↓
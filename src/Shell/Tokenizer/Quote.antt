-- ===== src/Shell/Tokenizer/Quote.antt =====
-- Words that are written with quotes or backslashes are read back as they were.
use operating_systems_and_sy.Prelude.{
  ℕ, ◌+◌, ◌<◌, ◌≡◌, refl, ◌∙◌, ap, Bool, true, false, ◌||◌, some, List, [], ◌∷◌, ◌++◌, length,
  length-append, append-nil, append_assoc, arith, Bool-cases, inl, inr, if◌then◌else◌, ◌==◌,
}
use operating_systems_and_sy.CLib.{Text, isspace}
use operating_systems_and_sy.Shell.Tokenizer.Rounds.{lex_round, lex_escaped}
use operating_systems_and_sy.Shell.Tokenizer.Plain.{state, pushed, push_word-state}
use operating_systems_and_sy.Shell.Tokenizer.{
  Mode, normal, squote, dquote, enter, escape, end_word, append, action, take_char, perform, lex,
  n_max, quote_char, dquote_char, backslash, returned, tokenize,
}

-- Whether a character is written with a backslash: outside quotes each is, and inside only the
-- backslash and the closing quote.
abbrev pub needs_backslash : Mode → ℕ → Bool
needs_backslash normal c = true
needs_backslash squote c = c == quote_char || c == backslash
needs_backslash dquote c = c == dquote_char || c == backslash

abbrev pub quote_inside : Mode → Text → Text
quote_inside m [] = []
quote_inside m (c ∷ w) =
    if needs_backslash m c then backslash ∷ c ∷ quote_inside m w else c ∷ quote_inside m w

-- The quotes round the word.
abbrev pub delimiter : Mode → Text
delimiter normal = []
delimiter squote = quote_char ∷ []
delimiter dquote = dquote_char ∷ []

abbrev pub quote : Mode → Text → Text
quote m w = delimiter m ++ quote_inside m w ++ delimiter m

-- Each word in the way of quoting that stands beside it, and a space behind it.
unfoldable pub write_words : List (Mode × Text) → Text
write_words [] = []
write_words ((m, w) ∷ ws) = quote m w ++ b' ' ∷ write_words ws

abbrev pub words_of : List (Mode × Text) → List Text
words_of [] = []
words_of ((m, w) ∷ ws) = w ∷ words_of ws

-- Each word has a character, and fits the array with its NUL.
abbrev pub CanWrite : List (Mode × Text) → Type 0
CanWrite [] = Unit {0}
CanWrite ((m, w) ∷ ws) = ((0 < length w) × (length w + 1 < n_max)) × CanWrite ws

action-backslash : (m : Mode) → action m backslash ≡ escape
unfolding action
action-backslash normal = refl
action-backslash squote = refl
action-backslash dquote = refl

action-inside : (m : Mode) (c : ℕ) → needs_backslash m c ≡ false → action m c ≡ append
unfolding action
action-inside normal c h = cc
action-inside squote c h = ground arith
action-inside dquote c h = ground arith

-- Inside the quotes the characters of the word are taken one by one.
lex-inside :
    (m : Mode) (w token rest : Text) (ws : List Text)
    → length token + length w + 1 < n_max
    → lex (quote_inside m w ++ rest) (state m token ws) ≡ lex rest (state m (token ++ w) ws)
unfolding take_char perform
lex-inside m [] token rest ws h = rw (append-nil token)
lex-inside m (c ∷ w) token rest ws h =
    let len = length-append token (c ∷ []) in
    let more = lex-inside m w (token ++ c ∷ []) rest ws (omega (arith, len)) in
    let more' = more ∙ ap (λ t. lex rest (state m t ws)) (append_assoc token (c ∷ []) w) in
    elim (Bool-cases (needs_backslash m c)) [
      | inl b ↦ rw b (
          lex_escaped backslash c (quote_inside m w ++ rest) (state m token ws) (action-backslash m)
            (omega arith)
          ∙ more')
      | inr b ↦ rw b (
          lex_round c (quote_inside m w ++ rest) (state m token ws) append (action-inside m c b)
            (λ k. cc) (omega (arith, len))
          ∙ more')
    ]

-- A quoted word is added to the token.
lex-quote :
    (m : Mode) (w rest : Text) (ws : List Text)
    → length w + 1 < n_max
    → lex (quote m w ++ rest) (state normal [] ws) ≡ lex rest (state normal w ws)
unfolding perform action
lex-quote normal w rest ws h =
    rw (append-nil (quote_inside normal w)) (lex-inside normal w [] rest ws (omega arith))
lex-quote squote w rest ws h = rw append_assoc (
    lex_round quote_char (quote_inside squote w ++ quote_char ∷ rest) (state normal [] ws)
      (enter squote) refl (λ k. cc) (omega arith)
    ∙ lex-inside squote w [] (quote_char ∷ rest) ws (omega arith)
    ∙ lex_round quote_char rest (state squote w ws) (enter normal) refl (λ k. cc) h)
lex-quote dquote w rest ws h = rw append_assoc (
    lex_round dquote_char (quote_inside dquote w ++ dquote_char ∷ rest) (state normal [] ws)
      (enter dquote) refl (λ k. cc) (omega arith)
    ∙ lex-inside dquote w [] (dquote_char ∷ rest) ws (omega arith)
    ∙ lex_round dquote_char rest (state dquote w ws) (enter normal) refl (λ k. cc) h)

pushed-word : (w : Text) (ws : List Text) → 0 < length w → pushed w ws ≡ ws ++ w ∷ []
pushed-word [] ws h = absurd (omega arith)
pushed-word (c ∷ w) ws h = refl

action-blank : action normal b' ' ≡ end_word
unfolding action isspace
action-blank = refl

lex-write_words :
    (qs : List (Mode × Text)) (ws : List Text)
    → CanWrite qs
    → lex (write_words qs) (state normal [] ws) ≡ some (state normal [] (ws ++ words_of qs))
unfolding write_words perform lex
lex-write_words [] ws h = rw (append-nil ws)
lex-write_words ((m, w) ∷ qs) ws h =
    let (pos, fits) = h.0 in
    let spaced =
      lex_round b' ' (write_words qs) (state normal w ws) end_word action-blank (λ k. cc)
        (rw (push_word-state normal w ws) (omega arith)) in
    let push = push_word-state normal w ws ∙ ap (state normal []) (pushed-word w ws pos) in
    lex-quote m w (b' ' ∷ write_words qs) ws fits
    ∙ spaced
    ∙ rw push (
        lex-write_words qs (ws ++ w ∷ []) h.1
        ∙ ap (λ us. some (state normal [] us)) (append_assoc ws (w ∷ []) (words_of qs)))

-- Words that are written one after another with a space behind each, each with a backslash before
-- every character, in single quotes or in double quotes (with a backslash before a backslash and
-- before the closing quote inside), are the words that `tokenize` returns, if each has a character
-- and less than 4095.
pub tokenize-write_words :
    (qs : List (Mode × Text))
    → CanWrite qs
    → tokenize (some (write_words qs)) ≡ returned (some (words_of qs))
unfolding tokenize
tokenize-write_words qs h =
    rw (lex-write_words qs [] h, tokenize, push_word-state normal [] (words_of qs))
↑
→ **Task requirements**
In the entries above, count every line containing the word "omega". Write only the total.

→ **Written response**
10